The Daily Illini

Illini struggle in dual loss to Northwestern, Wisconsin

Sophomore+Hannah+Aegerter+and+Junior+Abigail+Cabush+prepare+to+dive+from+their+blocks+during+the+a+double+dual+meet+against+Wisconsin+and+Northwestern+on+Saturday.

Photo Courtesy of Fighting Illini Athletics

Sophomore Hannah Aegerter and Junior Abigail Cabush prepare to dive from their blocks during the a double dual meet against Wisconsin and Northwestern on Saturday.

By Renato Arteaga, Staff Writer

The Illini Women’s Swim and Dive’s record currently stands at 1-3 after losing their dual meet against Wisconsin, 57-243, and Northwestern, 49-251. 

The team traveled to Madison, Wisconsin, after a week break from their previous meet to face off against these Big Ten heavyweights. The competition took place on February 6 at the Soderholm Family Aquatic Center. 

Head coach Sue Novitsky acknowledged her team faced some tough Big Ten conference competition but praised them for the improvements she has been witnessing from them. 

“You can tell that they were very nervous for the first relay,” Novitsky said. “They got out there and were a little bit timid during that relay as they were trying to feel it out. Sidney Kennedy in the next event, the 1000 freestyle, had her college best time and really got the team excited. I had to calm them down, so they knew they could step up, compete, and race against two talented teams.
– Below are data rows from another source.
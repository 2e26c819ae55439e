-- ===== src/Examples/Calls.antt =====
-- Single calls on an engine with one machine and one instance of it.
use rstmdb.Base.{ℕ, ◌≡◌, refl, some, none, [], ◌∷◌, true, string_key, nat_key, pair_key}
use rstmdb.Base.Dict.{get, insert, contains}
use rstmdb.Base.Result.{ok}
use rstmdb.Core.Json.{Value}
use rstmdb.Core.Json
use rstmdb.Core.Guard.Expr
use rstmdb.Core.Error.{CoreError, Stop}
use rstmdb.Core.Error
use rstmdb.Core.Definition
use rstmdb.Core.Definition.{MachineDefinition, from_raw}
use rstmdb.Core.Definition.Accepts.{from_raw-accepts}
use rstmdb.Core.Definition.Indexes.{Indexes, from_raw-Indexes}
use rstmdb.Core.Instance.{Instance, new_instance}
use rstmdb.Core.Instance
use rstmdb.Core.Engine
use rstmdb.Core.Engine.{
  Engine, Request, ApplyResult, apply_event_call, delete_instance_call, create_instance_call,
  put_machine_call, cached,
}
use rstmdb.Core.Engine.Applied.{apply_event-Moved, Allowed, Moved}
use rstmdb.Core.Engine.Idempotent.{delete_instance-again}
use rstmdb.Core.Engine.Failures.{
  Untouched, apply_event-Untouched, create_instance-Untouched, delete_instance-Untouched,
  put_machine-Untouched,
}
use rstmdb.Examples.Machines.{libraries, list_ops, order, empty_object}

abbrev order_definition : MachineDefinition libraries
order_definition = record {
  name = "order";
  version = 1;
  states = order.states;
  initial = "created";
  transitions = (("created", "PAY"), ("paid", none)) ∷ [];
  raw = order;
  checksum = "00000007";
}

from_raw-Indexes_example : Indexes libraries order order_definition
unfolding from_raw Definition.add_transitions Definition.add_sources Definition.has_state
    Definition.hex contains get insert
from_raw-Indexes_example = from_raw-Indexes libraries "order" 1 order order_definition refl

from_raw-accepts_example :
    (d : MachineDefinition libraries) × (from_raw libraries "order" 1 order ≡ ok d)
    × Indexes libraries order d
unfolding Definition.has_state Definition.parse_optional
from_raw-accepts_example =
    from_raw-accepts libraries "order" 1 order [] refl
      (record { target = refl; sources = (refl, tt); guard = none; parsed = refl }, tt) (tt, tt)
      refl

abbrev pub shop : Engine libraries list_ops
shop = record {
  definitions = (("order", 1), order_definition) ∷ [];
  instances = ("o-1", new_instance "o-1" "order" 1 "created" empty_object 1 5) ∷ [];
  idempotency_cache = [];
  log = [];
}

abbrev pub pay_once : Request libraries list_ops
pay_once = record {
  instance_id = "o-1";
  event = "PAY";
  payload = empty_object;
  expected_state = some "created";
  expected_wal_offset = some 1;
  event_id = none;
  idempotency_key = some "k";
}

abbrev paid_result : ApplyResult ℕ
paid_result = record {
  from_state = "created";
  to_state = "paid";
  ctx = empty_object;
  wal_offset = 0;
  sequence = 1;
  applied = true;
}

paid : (apply_event_call libraries list_ops pay_once 6 shop).0 ≡ ok paid_result
unfolding apply_event_call cached get Engine.get_instance Engine.apply_found Engine.check_state
    Engine.check_offset Engine.get_machine Engine.find_transition Definition.get_transition
    Engine.check_guard Engine.commit Engine.append_log Engine.remember new_instance insert
    Expr.evaluate_opt Json.merge_ctx Json.insert_all
paid = refl

apply_event-Moved_example :
    (i : Instance ℕ) × (get shop.instances "o-1" ≡ some i)
    × (a : Allowed libraries list_ops shop pay_once i) × Moved libraries list_ops shop
        (apply_event_call libraries list_ops pay_once 6 shop).1
        pay_once
        i
        a.target.0
        6
        paid_result
unfolding cached get
apply_event-Moved_example =
    apply_event-Moved libraries list_ops pay_once 6 shop paid_result refl paid

gone : (delete_instance_call libraries list_ops "o-1" none 7 shop).0 ≡ ok 0
unfolding delete_instance_call get Instance.is_deleted new_instance
gone = refl

delete_instance-again_example :
    delete_instance_call libraries list_ops "o-1"
      (some "k")
      9
      (delete_instance_call libraries list_ops "o-1" none 7 shop).1
    ≡ (ok 0, (delete_instance_call libraries list_ops "o-1" none 7 shop).1)
delete_instance-again_example =
    delete_instance-again libraries list_ops "o-1" none (some "k") 7 9 shop 0 gone

abbrev unknown_event : Request libraries list_ops
unknown_event = record pay_once { event = "SHIP" }

apply_event-Untouched_example :
    Untouched libraries list_ops shop (apply_event_call libraries list_ops unknown_event 6 shop).1
unfolding apply_event_call cached get Engine.get_instance Engine.apply_found Engine.check_state
    Engine.check_offset Engine.get_machine Engine.find_transition Definition.get_transition
    Engine.fail new_instance
apply_event-Untouched_example =
    apply_event-Untouched libraries list_ops unknown_event 6 shop
      (Stop.error (Error.invalid_transition "created" "SHIP")) refl

create_instance-Untouched_example :
    Untouched libraries list_ops shop
      (create_instance_call libraries list_ops "o-1" "order" 1 empty_object none 6 shop).1
unfolding create_instance_call cached Engine.create_fresh contains get Engine.fail
create_instance-Untouched_example =
    create_instance-Untouched libraries list_ops "o-1" "order" 1 empty_object none 6 shop
      (Stop.error (Error.instance_exists "o-1")) refl

delete_instance-Untouched_example :
    Untouched libraries list_ops shop (delete_instance_call libraries list_ops "o-2" none 6 shop).1
unfolding delete_instance_call Engine.get_instance get Engine.fail
delete_instance-Untouched_example =
    delete_instance-Untouched libraries list_ops "o-2" none 6 shop
      (Stop.error (Error.instance_not_found "o-2")) refl

put_machine-Untouched_example :
    Untouched libraries list_ops shop
      (put_machine_call libraries list_ops "order" 2 Value.null shop).1
unfolding put_machine_call Definition.from_json get
put_machine-Untouched_example =
    put_machine-Untouched libraries list_ops "order" 2 Value.null shop (Stop.error Error.json) refl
It was a lot of people putting together those little pieces of the puzzle that we’ve been trying to work on in practice.” 

Junior Sidney Kennedy set a new personal best during the third event of the meet in the 1000 freestyle with a time of 10:15.15. She also went on to set a new best in the 500 freestyle with a time of 4:57.89.  

There were six other Illini swimmers that achieved career bests during this meet, like junior Abigail Cabush, who went on to break the school’s 200 freestyle record with her time of 1:47.90, which was previously set by Barbie Viney in 2007 with a time of 1:47.96. 

Another junior, Kaylee Heimes also finished with a new personal best in the 100 butterfly with a time of 57.54. 

“They’re gaining the belief in themselves that we work just as hard as these people do so we can step up and compete,” Novitsky said. “Once they settled down and relaxed a bit, it was game on … It wasn’t about winning the event. It was about seeing the improvements that a lot of their other teammates were having. 

Several freshmen on the team also had career bests during this meet, like Lily Olson in the 200 butterfly with a time of 2:03.06, in the 100 butterfly with a time of 55.73, and in the 50 freestyle with a time of 23.62. 

Freshmen Cara Bognar and Laurel Bludgen also had new career bests in the 200 freestyle with times of 1:51.39 and 1:52.74, respectively. Bognar also had a new personal best in the 500 freestyle with a time of 4.55.43. 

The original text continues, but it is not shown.